## Work task
Filter the entries and keep only the lines where the string "false" appears.

## Source information
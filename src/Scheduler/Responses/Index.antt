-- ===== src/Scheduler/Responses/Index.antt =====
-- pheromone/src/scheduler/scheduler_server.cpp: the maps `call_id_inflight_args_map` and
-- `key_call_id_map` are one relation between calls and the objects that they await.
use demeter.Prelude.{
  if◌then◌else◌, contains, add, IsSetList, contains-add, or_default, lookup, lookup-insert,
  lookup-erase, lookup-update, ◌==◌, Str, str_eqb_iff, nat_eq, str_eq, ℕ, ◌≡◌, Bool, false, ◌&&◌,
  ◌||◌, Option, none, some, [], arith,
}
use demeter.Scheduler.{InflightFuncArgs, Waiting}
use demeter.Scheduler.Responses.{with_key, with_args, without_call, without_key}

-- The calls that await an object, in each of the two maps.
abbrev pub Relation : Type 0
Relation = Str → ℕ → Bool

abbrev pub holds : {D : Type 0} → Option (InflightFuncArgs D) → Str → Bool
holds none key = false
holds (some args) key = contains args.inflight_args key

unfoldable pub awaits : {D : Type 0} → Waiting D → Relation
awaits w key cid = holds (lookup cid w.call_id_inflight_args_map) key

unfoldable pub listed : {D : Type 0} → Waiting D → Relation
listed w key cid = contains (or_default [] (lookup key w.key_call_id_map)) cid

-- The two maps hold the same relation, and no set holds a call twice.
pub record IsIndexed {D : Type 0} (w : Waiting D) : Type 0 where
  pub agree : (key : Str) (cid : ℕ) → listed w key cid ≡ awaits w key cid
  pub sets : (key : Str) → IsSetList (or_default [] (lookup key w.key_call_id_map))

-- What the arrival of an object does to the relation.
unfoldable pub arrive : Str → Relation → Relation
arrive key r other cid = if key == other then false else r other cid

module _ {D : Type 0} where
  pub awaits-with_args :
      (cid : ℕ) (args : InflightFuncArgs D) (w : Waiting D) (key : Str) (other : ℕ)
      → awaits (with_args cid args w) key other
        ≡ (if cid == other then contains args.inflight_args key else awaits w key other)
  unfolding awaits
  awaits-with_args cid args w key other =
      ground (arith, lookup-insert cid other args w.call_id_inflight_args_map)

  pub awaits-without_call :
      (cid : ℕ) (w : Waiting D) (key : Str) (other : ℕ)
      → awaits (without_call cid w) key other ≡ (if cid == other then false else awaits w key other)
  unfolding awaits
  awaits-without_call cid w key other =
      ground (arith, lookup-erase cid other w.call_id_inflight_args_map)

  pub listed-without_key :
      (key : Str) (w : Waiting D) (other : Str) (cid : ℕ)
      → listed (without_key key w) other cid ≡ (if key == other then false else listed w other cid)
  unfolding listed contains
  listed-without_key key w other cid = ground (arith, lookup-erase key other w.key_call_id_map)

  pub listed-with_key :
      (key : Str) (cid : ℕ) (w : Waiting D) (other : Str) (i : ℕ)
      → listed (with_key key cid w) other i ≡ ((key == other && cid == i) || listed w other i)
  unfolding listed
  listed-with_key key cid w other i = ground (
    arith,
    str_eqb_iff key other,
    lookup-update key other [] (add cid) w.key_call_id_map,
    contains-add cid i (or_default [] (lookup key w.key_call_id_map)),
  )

## Answer to this problem
  lookup-erase, lookup-update, ◌==◌, Str, str_eqb_iff, nat_eq, str_eq, ℕ, ◌≡◌, Bool, false, ◌&&◌,
holds none key = false
arrive key r other cid = if key == other then false else r other cid
      → awaits (without_call cid w) key other ≡ (if cid == other then false else awaits w key other)
      → listed (without_key key w) other cid ≡ (if key == other then false else listed w other cid)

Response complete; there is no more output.